_WHAT IS EXPECTED_
Word for word, please restate the lines from the beginning of the data through the line in which "-- LoadFromFile" appears.

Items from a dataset
──────
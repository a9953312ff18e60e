-- ===== src/Registry/Dynamic/Store.antt =====
-- NewDynamicRegistry, Register and Deregister of internal/registry/dynamic.go, on the bucket of the
-- key-value store. What JetStream, the JSON encoding and the file with the fallback answer are
-- parameters.
use daedalus.Prelude.{
  Bool, Option, none, some, List, [], ◌∷◌, ◌++◌, if◌then◌else◌, is_empty, Str, codes, Map, insert,
  delete, Result, ok, err, ◌>>◌, ◌>>=◌,
}
use daedalus.Prelude.Int.{ℤ, pos, lt_ℤ}
use daedalus.Registry.Types.{AgentEntry, EntryError}
use daedalus.Registry.Static.{load}
use daedalus.Registry.Dynamic.{DynamicRegistry, Event, put, deleted, initial_sync}

pub data LoadError : Type 0 where
  open_failed : Str → LoadError
  invalid : Option EntryError → LoadError

-- LoadFromFile
unfoldable pub load_from_file :
    (Str → Result Str (Option (List AgentEntry))) → Str → Result LoadError (List AgentEntry)
unfolding load
load_from_file read path = elim (read path) [
  | err e ↦ err (open_failed e)
  | ok decoded ↦ elim (load decoded) [ err e ↦ err (invalid e) | ok agents ↦ ok agents ]
]

-- The answers of CreateKeyValue and of Keys.
pub data Created : Type 0 where
  created : Created
  name_in_use : Created
  create_refused : Str → Created

pub data KeysFound : Type 0 where
  found_keys : List Str → KeysFound
  no_keys_found : KeysFound
  keys_refused : Str → KeysFound

pub record Nats : Type 0 where
  pub jetstream : Option Str
  pub create_key_value : Str → ℤ → Created
  pub key_value : Str → Option Str
  pub keys : KeysFound
  pub get : Str → Option Str

pub record DynamicConfig : Type 0 where
  pub fallback_path : Str
  pub ttl : ℤ

pub data NewError : Type 0 where
  jetstream_failed create_failed bind_failed sync_failed : Str → NewError
  fallback_failed : LoadError → NewError

abbrev pub agent_card_bucket : Str
agent_card_bucket = codes "agent-cards"

-- In nanoseconds.
abbrev pub ttl_of : DynamicConfig → ℤ
ttl_of cfg = if lt_ℤ (pos 0) cfg.ttl then cfg.ttl else pos 30000000000

abbrev pub unless_failed : Option Str → (Str → NewError) → Result NewError (Unit {0})
unless_failed none context = ok tt
unless_failed (some e) context = err (context e)

-- Create or bind to the bucket.
abbrev pub open_bucket : Nats → DynamicConfig → Result NewError (Unit {0})
open_bucket nats cfg = elim (nats.create_key_value agent_card_bucket (ttl_of cfg)) [
  | created ↦ ok tt
  | name_in_use ↦ unless_failed (nats.key_value agent_card_bucket) bind_failed
  | create_refused e ↦ err (create_failed e)
]

abbrev pub load_fallback :
    (Str → Result Str (Option (List AgentEntry))) → Str → Result NewError (Option (List AgentEntry))
load_fallback read path = if is_empty path then ok none else elim (load_from_file read path) [
  | err e ↦ err (fallback_failed e)
  | ok reg ↦ ok (some reg)
]

abbrev pub keys_of : KeysFound → Result NewError (List Str)
keys_of (found_keys ks) = ok ks
keys_of no_keys_found = ok []
keys_of (keys_refused e) = err (sync_failed e)

-- NewDynamicRegistry
unfoldable pub new_dynamic_registry :
    Nats
    → (Str → Result Str (Option (List AgentEntry)))
    → (Str → Option AgentEntry)
    → DynamicConfig
    → Result NewError DynamicRegistry
unfolding load_from_file initial_sync
new_dynamic_registry nats read unmarshal cfg = do
  unless_failed nats.jetstream jetstream_failed
  open_bucket nats cfg
  fallback ← load_fallback read cfg.fallback_path
  keys ← keys_of nats.keys
  ok (record { agents = initial_sync nats.get unmarshal keys []; fallback = fallback })

-- The last value under each key, and the updates since the sync, in order. The watcher is one that
-- starts with the sync and does not stop.
pub record Bucket : Type 0 where
  pub entries : Map Str
  pub updates : List Event

-- A call of the store, made in a goroutine of its own: whether it takes effect, the error it answers,
-- and the error of the context if select sees that before the answer.
pub record Call : Type 0 where
  pub applied : Bool
  pub answer : Option Str
  pub ctx_err : Option Str

-- What select returns, with the two messages.
abbrev pub select_error : Call → Str → Str → Option Str
select_error call on_ctx on_answer = elim call.ctx_err [
  | some e ↦ some (on_ctx ++ e)
  | none ↦ elim call.answer [ some e ↦ some (on_answer ++ e) | none ↦ none ]
]

module _ (quote : Str → Str) where
  -- Register
  unfoldable pub register :
      (AgentEntry → Result Str Str) → Call → AgentEntry → Bucket → Bucket × Option Str
  unfolding insert
  register marshal call entry b = elim (marshal entry) [
    | err e ↦ (
      b,
      some (codes "dynamic registry: marshal entry " ++ quote entry.card.name ++ codes ": " ++ e),
    )
    | ok value ↦
        let context = codes "dynamic registry: register " ++ quote entry.card.name ++ codes ": " in
        (
          if call.applied
              then record {
                entries = insert entry.card.name value b.entries;
                updates = b.updates ++ put entry.card.name value ∷ [];
              }
              else b,
          select_error call context context,
        )
  ]

  -- Deregister
  unfoldable pub deregister : Call → Str → Bucket → Bucket × Option Str
  unfolding delete
  deregister call name b = (
    if call.applied
        then record { entries = delete name b.entries; updates = b.updates ++ deleted name ∷ [] }
        else b,
    select_error call (codes "dynamic registry: deregister " ++ quote name ++ codes ": ")
        (codes "dynamic registry: delete entry " ++ quote name ++ codes ": "),
  )

-- What happens to the bucket. The bucket's TTL removes an entry without an update.
pub data Op : Type 0 where
  registering : Call → AgentEntry → Op
  deregistering : Call → Str → Op
  expiring : Str → Op

unfoldable pub run_ops : (Str → Str) → (AgentEntry → Result Str Str) → List Op → Bucket → Bucket
unfolding register deregister delete
run_ops quote marshal [] b = b
run_ops quote marshal (registering call entry ∷ ops) b =
    run_ops quote marshal ops (register quote marshal call entry b).0
run_ops quote marshal (deregistering call name ∷ ops) b =
    run_ops quote marshal ops (deregister quote call name b).0
run_ops quote marshal (expiring name ∷ ops) b =
    run_ops quote marshal ops (record b { entries = delete name b.entries })
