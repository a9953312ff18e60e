-- ===== src/Registry/Dynamic/Synced.antt =====
-- The cache right after NewDynamicRegistry of internal/registry/dynamic.go.
use daedalus.Prelude.{
  ◌≡◌, refl, sym, ap, ◌∙◌, inl, inr, true, false, Option, none, some, List, [], ◌∷◌, if◌then◌else◌,
  Str, str_eq, str_eq_iff, str_eq_comm, Map, lookup, insert, has_key, member, lookup-insert, Result,
  ok, Bool-cases, ok-injective, and_then-eq-ok,
}
use daedalus.Registry.Types.{AgentEntry}
use daedalus.Registry.Dynamic.{DynamicRegistry, initial_sync}
use daedalus.Registry.Dynamic.Store.{
  Nats, DynamicConfig, KeysFound, found_keys, no_keys_found, keys_refused, keys_of, unless_failed,
  jetstream_failed, open_bucket, load_fallback, new_dynamic_registry,
}

abbrev pub decoded : (Str → Option AgentEntry) → Option Str → Option AgentEntry
decoded unmarshal none = none
decoded unmarshal (some value) = unmarshal value

abbrev or_else : Option AgentEntry → Option AgentEntry → Option AgentEntry
or_else none b = b
or_else (some e) b = some e

or_else_twice : (d o : Option AgentEntry) → or_else d (or_else d o) ≡ or_else d o
or_else_twice none o = refl
or_else_twice (some e) o = refl

module _ (get : Str → Option Str) (unmarshal : Str → Option AgentEntry) (name : Str) where
  abbrev sync_decoded : Str → Map AgentEntry → Option AgentEntry → Map AgentEntry
  sync_decoded key agents u = elim u [ none ↦ agents | some ae ↦ insert key ae agents ]

  abbrev sync_found : Str → Map AgentEntry → Option Str → Map AgentEntry
  sync_found key agents g = elim g [
    | none ↦ agents
    | some value ↦ sync_decoded key agents (unmarshal value)
  ]

  abbrev sync_one : Str → Map AgentEntry → Map AgentEntry
  sync_one key agents = sync_found key agents (get key)

  sync_one-lookup :
      (key : Str) (agents : Map AgentEntry)
      → lookup name (sync_one key agents) ≡ (
          if str_eq key name
          then or_else (decoded unmarshal (get name)) (lookup name agents)
          else lookup name agents)
  sync_one-lookup key agents = elim (Bool-cases (str_eq key name)) [
    | inl same ↦
        rw (same, sym (ap get ((str_eq_iff key name).0 same)))
          (elim (get key)
            as (λ g.
              lookup name (sync_found key agents g)
              ≡ or_else (decoded unmarshal g) (lookup name agents)) [
                | none ↦ refl
                | some value ↦
                    elim (unmarshal value)
                      as (λ u.
                        lookup name (sync_decoded key agents u) ≡ or_else u (lookup name agents)) [
                          | none ↦ refl
                          | some ae ↦ lookup-insert key name ae agents ∙ rw same refl
                        ]
              ])
    | inr other ↦
        rw other
          (elim (get key) as (λ g. lookup name (sync_found key agents g) ≡ lookup name agents) [
            | none ↦ refl
            | some value ↦
                elim (unmarshal value)
                  as (λ u. lookup name (sync_decoded key agents u) ≡ lookup name agents) [
                    | none ↦ refl
                    | some ae ↦ lookup-insert key name ae agents ∙ rw other refl
                  ]
          ])
  ]

  initial_sync-lookup :
      (keys : List Str) (agents : Map AgentEntry)
      → lookup name (initial_sync get unmarshal keys agents) ≡ (
          if member name keys
          then or_else (decoded unmarshal (get name)) (lookup name agents)
          else lookup name agents)
  unfolding initial_sync member
  initial_sync-lookup [] agents = refl
  initial_sync-lookup (key ∷ keys) agents = elim (Bool-cases (str_eq key name)) [
    | inl same ↦
        initial_sync-lookup keys (sync_one key agents)
        ∙ rw (sync_one-lookup key agents, str_eq_comm name key, same)
            (elim (member name keys)
              as (λ b.
                (if b
                  then or_else (decoded unmarshal (get name))
                      (or_else (decoded unmarshal (get name)) (lookup name agents))
                  else or_else (decoded unmarshal (get name)) (lookup name agents))
                ≡ or_else (decoded unmarshal (get name)) (lookup name agents)) [
                  | true ↦ or_else_twice (decoded unmarshal (get name)) (lookup name agents)
                  | false ↦ refl
                ])
    | inr other ↦
        initial_sync-lookup keys (sync_one key agents)
        ∙ rw (sync_one-lookup key agents, str_eq_comm name key, other) refl
  ]

-- The keys that the store finds are those of the bucket.
abbrev pub Finds : KeysFound → Map Str → Type 0
Finds (found_keys ks) entries = (name : Str) → member name ks ≡ has_key name entries
Finds no_keys_found entries = (name : Str) → has_key name entries ≡ false
Finds (keys_refused e) entries = Unit

or_else-none : (d : Option AgentEntry) → or_else d none ≡ d
or_else-none none = refl
or_else-none (some e) = refl

keys_of-Finds :
    (found : KeysFound) (entries : Map Str) (keys : List Str) (name : Str)
    → keys_of found ≡ ok keys
    → Finds found entries
    → member name keys ≡ has_key name entries
unfolding member
keys_of-Finds (found_keys ks) entries keys name h finds =
    ap (member name) (sym (ok-injective h)) ∙ finds name
keys_of-Finds no_keys_found entries keys name h finds =
    ap (member name) (sym (ok-injective h)) ∙ sym (finds name)
keys_of-Finds (keys_refused e) entries keys name h finds = absurd (cc)

sync-decoded :
    (get : Str → Option Str) (unmarshal : Str → Option AgentEntry) (keys : List Str)
    (entries : Map Str) (name : Str)
    → member name keys ≡ has_key name entries
    → get name ≡ lookup name entries
    → lookup name (initial_sync get unmarshal keys []) ≡ decoded unmarshal (lookup name entries)
unfolding lookup
sync-decoded get unmarshal keys entries name known gets =
    initial_sync-lookup get unmarshal name keys []
    ∙ rw (known, gets)
        (elim (lookup name entries)
          as (λ o.
            (if elim o [ none ↦ false | some v ↦ true ]
              then or_else (decoded unmarshal o) none
              else none)
            ≡ decoded unmarshal o) [ none ↦ refl | some value ↦ or_else-none (unmarshal value) ])

-- The cache right after NewDynamicRegistry.
pub new-lookup :
    (nats : Nats) (read : Str → Result Str (Option (List AgentEntry)))
    (unmarshal : Str → Option AgentEntry) (cfg : DynamicConfig) (dr : DynamicRegistry)
    (entries : Map Str) (name : Str)
    → Finds nats.keys entries
    → ((key : Str) → nats.get key ≡ lookup key entries)
    → new_dynamic_registry nats read unmarshal cfg ≡ ok dr
    → lookup name dr.agents ≡ decoded unmarshal (lookup name entries)
unfolding new_dynamic_registry
new-lookup nats read unmarshal cfg dr entries name finds gets h =
    let (_, _, h1) = and_then-eq-ok (unless_failed nats.jetstream jetstream_failed) _ h in
    let (_, _, h2) = and_then-eq-ok (open_bucket nats cfg) _ h1 in
    let (fallback, _, h3) = and_then-eq-ok (load_fallback read cfg.fallback_path) _ h2 in
    let (keys, found, h4) = and_then-eq-ok (keys_of nats.keys) _ h3 in
    ap (λ d. lookup name d.agents) (sym (ok-injective h4))
    ∙ sync-decoded nats.get unmarshal keys entries name
        (keys_of-Finds nats.keys entries keys name found finds) (gets name)
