-- ===== src/Registry/Dynamic/Mirrors.antt =====
-- The cache of internal/registry/dynamic.go follows the bucket of the store.
use daedalus.Prelude.{
  ◌≡◌, refl, sym, ap, ◌∙◌, inl, inr, true, false, Option, none, some, List, [], ◌∷◌, ◌++◌,
  if◌then◌else◌, arith, Str, str_eq, Map, lookup, insert, delete, lookup-insert, lookup-delete,
  Result, ok, Result-cases,
}
use daedalus.Registry.Types.{AgentEntry}
use daedalus.Registry.Static
use daedalus.Registry.Dynamic.{
  DynamicRegistry, Event, put, deleted, purged, delivered, apply_event, run_events, find_by_name,
}
use daedalus.Registry.Dynamic.Synced.{decoded, Finds, new-lookup}
use daedalus.Registry.Dynamic.Store.{
  Nats, DynamicConfig, new_dynamic_registry, Bucket, Call, register, deregister, Op, registering,
  deregistering, expiring, run_ops,
}

run_events-append :
    (unmarshal : Str → Option AgentEntry) (es es' : List Event) (dr : DynamicRegistry)
    → run_events unmarshal (es ++ es') dr ≡ run_events unmarshal es' (run_events unmarshal es dr)
unfolding run_events
run_events-append unmarshal [] es' dr = refl
run_events-append unmarshal (e ∷ es) es' dr =
    run_events-append unmarshal es es' (apply_event unmarshal e dr)

-- No TTL of the name runs out.
abbrev pub Lasting : Str → List Op → Type 0
Lasting name [] = Unit
Lasting name (registering call entry ∷ ops) = Lasting name ops
Lasting name (deregistering call other ∷ ops) = Lasting name ops
Lasting name (expiring other ∷ ops) = (str_eq other name ≡ false) × Lasting name ops

module _ (quote : Str → Str) (marshal : AgentEntry → Result Str Str)
    (unmarshal : Str → Option AgentEntry)
    (decodes : (e : AgentEntry) (value : Str) → marshal e ≡ ok value → unmarshal value ≡ some e)
    (dr : DynamicRegistry) (name : Str) where
  -- The cache, when it has seen all updates, has under the name what the bucket has.
  abbrev Mirrors : Bucket → Type 0
  Mirrors b =
      lookup name (run_events unmarshal b.updates dr).agents
      ≡ decoded unmarshal (lookup name b.entries)

  update-lookup :
      (b : Bucket) (e : Event)
      → lookup name (run_events unmarshal (b.updates ++ e ∷ []) dr).agents
        ≡ lookup name (apply_event unmarshal e (run_events unmarshal b.updates dr)).agents
  unfolding run_events
  update-lookup b e =
      ap (λ d. lookup name d.agents) (run_events-append unmarshal b.updates (e ∷ []) dr)

  put-Mirrors :
      (key value : Str) (e : AgentEntry) (b : Bucket)
      → unmarshal value ≡ some e
      → Mirrors b
      → Mirrors (record {
        entries = insert key value b.entries;
        updates = b.updates ++ put key value ∷ [];
      })
  unfolding apply_event
  put-Mirrors key value e b good h =
      update-lookup b (put key value)
      ∙ rw (apply_event, good, lookup-insert key name value b.entries)
          (lookup-insert key name e (run_events unmarshal b.updates dr).agents
            ∙ elim (str_eq key name)
                as (λ same.
                  (if same then some e else lookup name (run_events unmarshal b.updates dr).agents)
                  ≡ decoded unmarshal (if same then some value else lookup name b.entries)) [
                    | true ↦ sym good
                    | false ↦ h
                  ])

  deleted-Mirrors :
      (gone : Str) (b : Bucket)
      → Mirrors b
      → Mirrors
          (record { entries = delete gone b.entries; updates = b.updates ++ deleted gone ∷ [] })
  unfolding apply_event
  deleted-Mirrors gone b h =
      update-lookup b (deleted gone)
      ∙ rw (lookup-delete gone name b.entries) (
          lookup-delete gone name (run_events unmarshal b.updates dr).agents
          ∙ elim (str_eq gone name)
              as (λ same.
                (if same then none else lookup name (run_events unmarshal b.updates dr).agents)
                ≡ decoded unmarshal (if same then none else lookup name b.entries)) [
                  | true ↦ refl
                  | false ↦ h
                ])

  register-Mirrors :
      (call : Call) (entry : AgentEntry) (b : Bucket)
      → Mirrors b
      → Mirrors (register quote marshal call entry b).0
  unfolding register apply_event
  register-Mirrors call entry b h = elim (Result-cases (marshal entry)) [
    | inl (e, bad) ↦ rw (register, bad) h
    | inr (value, good) ↦
        rw (register, good)
          (elim call.applied
            as (λ applied. Mirrors (
              if applied
              then record {
                entries = insert entry.card.name value b.entries;
                updates = b.updates ++ put entry.card.name value ∷ [];
              }
              else b)) [
                | true ↦ put-Mirrors entry.card.name value entry b (decodes entry value good) h
                | false ↦ h
              ])
  ]

  deregister-Mirrors :
      (call : Call) (gone : Str) (b : Bucket) → Mirrors b → Mirrors (deregister quote call gone b).0
  unfolding deregister apply_event
  deregister-Mirrors call gone b h =
      elim call.applied
        as (λ applied. Mirrors (
          if applied
          then record { entries = delete gone b.entries; updates = b.updates ++ deleted gone ∷ [] }
          else b)) [ true ↦ deleted-Mirrors gone b h | false ↦ h ]

  run_ops-Mirrors :
      (ops : List Op) (b : Bucket)
      → Lasting name ops
      → Mirrors b
      → Mirrors (run_ops quote marshal ops b)
  unfolding run_ops
  run_ops-Mirrors [] b l h = h
  run_ops-Mirrors (registering call entry ∷ ops) b l h =
      run_ops-Mirrors ops (register quote marshal call entry b).0 l
        (register-Mirrors call entry b h)
  run_ops-Mirrors (deregistering call gone ∷ ops) b l h =
      run_ops-Mirrors ops (deregister quote call gone b).0 l (deregister-Mirrors call gone b h)
  run_ops-Mirrors (expiring other ∷ ops) b l h =
      run_ops-Mirrors ops (record b { entries = delete other b.entries }) l.1
        (h ∙ ap (decoded unmarshal) (sym (lookup-delete other name b.entries ∙ rw (l.0) refl)))

abbrev pub before_fallback : Str → Option (List AgentEntry) → Option AgentEntry → Option AgentEntry
before_fallback name fallback found = elim found [
  | some e ↦ some e
  | none ↦ elim fallback [ none ↦ none | some agents ↦ Static.find_by_name name agents ]
]

-- What a lookup finds if the bucket counts before the fallback.
abbrev pub served :
    (Str → Option AgentEntry) → Option (List AgentEntry) → Map Str → Str → Option AgentEntry
served unmarshal fallback entries name =
    before_fallback name fallback (decoded unmarshal (lookup name entries))

apply_event-fallback :
    (unmarshal : Str → Option AgentEntry) (e : Event) (dr : DynamicRegistry)
    → (apply_event unmarshal e dr).fallback ≡ dr.fallback
unfolding apply_event
apply_event-fallback unmarshal (put key value) dr = ground arith
apply_event-fallback unmarshal (deleted key) dr = refl
apply_event-fallback unmarshal (purged key) dr = refl
apply_event-fallback unmarshal delivered dr = refl

run_events-fallback :
    (unmarshal : Str → Option AgentEntry) (es : List Event) (dr : DynamicRegistry)
    → (run_events unmarshal es dr).fallback ≡ dr.fallback
unfolding run_events
run_events-fallback unmarshal [] dr = refl
run_events-fallback unmarshal (e ∷ es) dr =
    run_events-fallback unmarshal es (apply_event unmarshal e dr)
    ∙ apply_event-fallback unmarshal e dr

-- Let the store find the keys and the values of the bucket, and let json.Unmarshal give back what
-- json.Marshal wrote. If NewDynamicRegistry succeeds, then whatever is registered and deregistered
-- later, with errors of the store and cancelled contexts, once the watcher has received every update
-- FindByName finds under a name the entry that the bucket has under it, if it has one that can be
-- decoded, and else that of the fallback, unless an entry of that name expired after
-- NewDynamicRegistry.
pub follows_bucket :
    (quote : Str → Str) (marshal : AgentEntry → Result Str Str)
    (unmarshal : Str → Option AgentEntry) (nats : Nats)
    (read : Str → Result Str (Option (List AgentEntry))) (cfg : DynamicConfig)
    (dr : DynamicRegistry) (entries : Map Str) (ops : List Op) (name : Str)
    → ((e : AgentEntry) (value : Str) → marshal e ≡ ok value → unmarshal value ≡ some e)
    → Finds nats.keys entries
    → ((key : Str) → nats.get key ≡ lookup key entries)
    → new_dynamic_registry nats read unmarshal cfg ≡ ok dr
    → Lasting name ops
    → find_by_name name (
        run_events unmarshal
          (run_ops quote marshal ops (record { entries = entries; updates = [] })).updates
          dr)
      ≡ served unmarshal dr.fallback
          (run_ops quote marshal ops (record { entries = entries; updates = [] })).entries
          name
unfolding find_by_name run_events
follows_bucket quote marshal unmarshal nats read cfg dr entries ops name decodes finds gets h
      lasting =
    let start : Bucket = record { entries = entries; updates = [] } in
    let b = run_ops quote marshal ops start in
    ap (before_fallback name (run_events unmarshal b.updates dr).fallback) (
      run_ops-Mirrors quote marshal unmarshal decodes dr name ops start lasting
        (new-lookup nats read unmarshal cfg dr entries name finds gets h))
    ∙ ap (λ fallback. before_fallback name fallback (decoded unmarshal (lookup name b.entries)))
        (run_events-fallback unmarshal b.updates dr)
──────
_RESPONSE_
repository a9953312ff18e60e
-- ===== src/Registry/Dynamic/Store.antt =====
-- NewDynamicRegistry, Register and Deregister of internal/registry/dynamic.go, on the bucket of the
-- key-value store. What JetStream, the JSON encoding and the file with the fallback answer are
-- parameters.
use daedalus.Prelude.{
  Bool, Option, none, some, List, [], ◌∷◌, ◌++◌, if◌then◌else◌, is_empty, Str, codes, Map, insert,
  delete, Result, ok, err, ◌>>◌, ◌>>=◌,
}
use daedalus.Prelude.Int.{ℤ, pos, lt_ℤ}
use daedalus.Registry.Types.{AgentEntry, EntryError}
use daedalus.Registry.Static.{load}
use daedalus.Registry.Dynamic.{DynamicRegistry, Event, put, deleted, initial_sync}

pub data LoadError : Type 0 where
  open_failed : Str → LoadError
  invalid : Option EntryError → LoadError

-- LoadFromFile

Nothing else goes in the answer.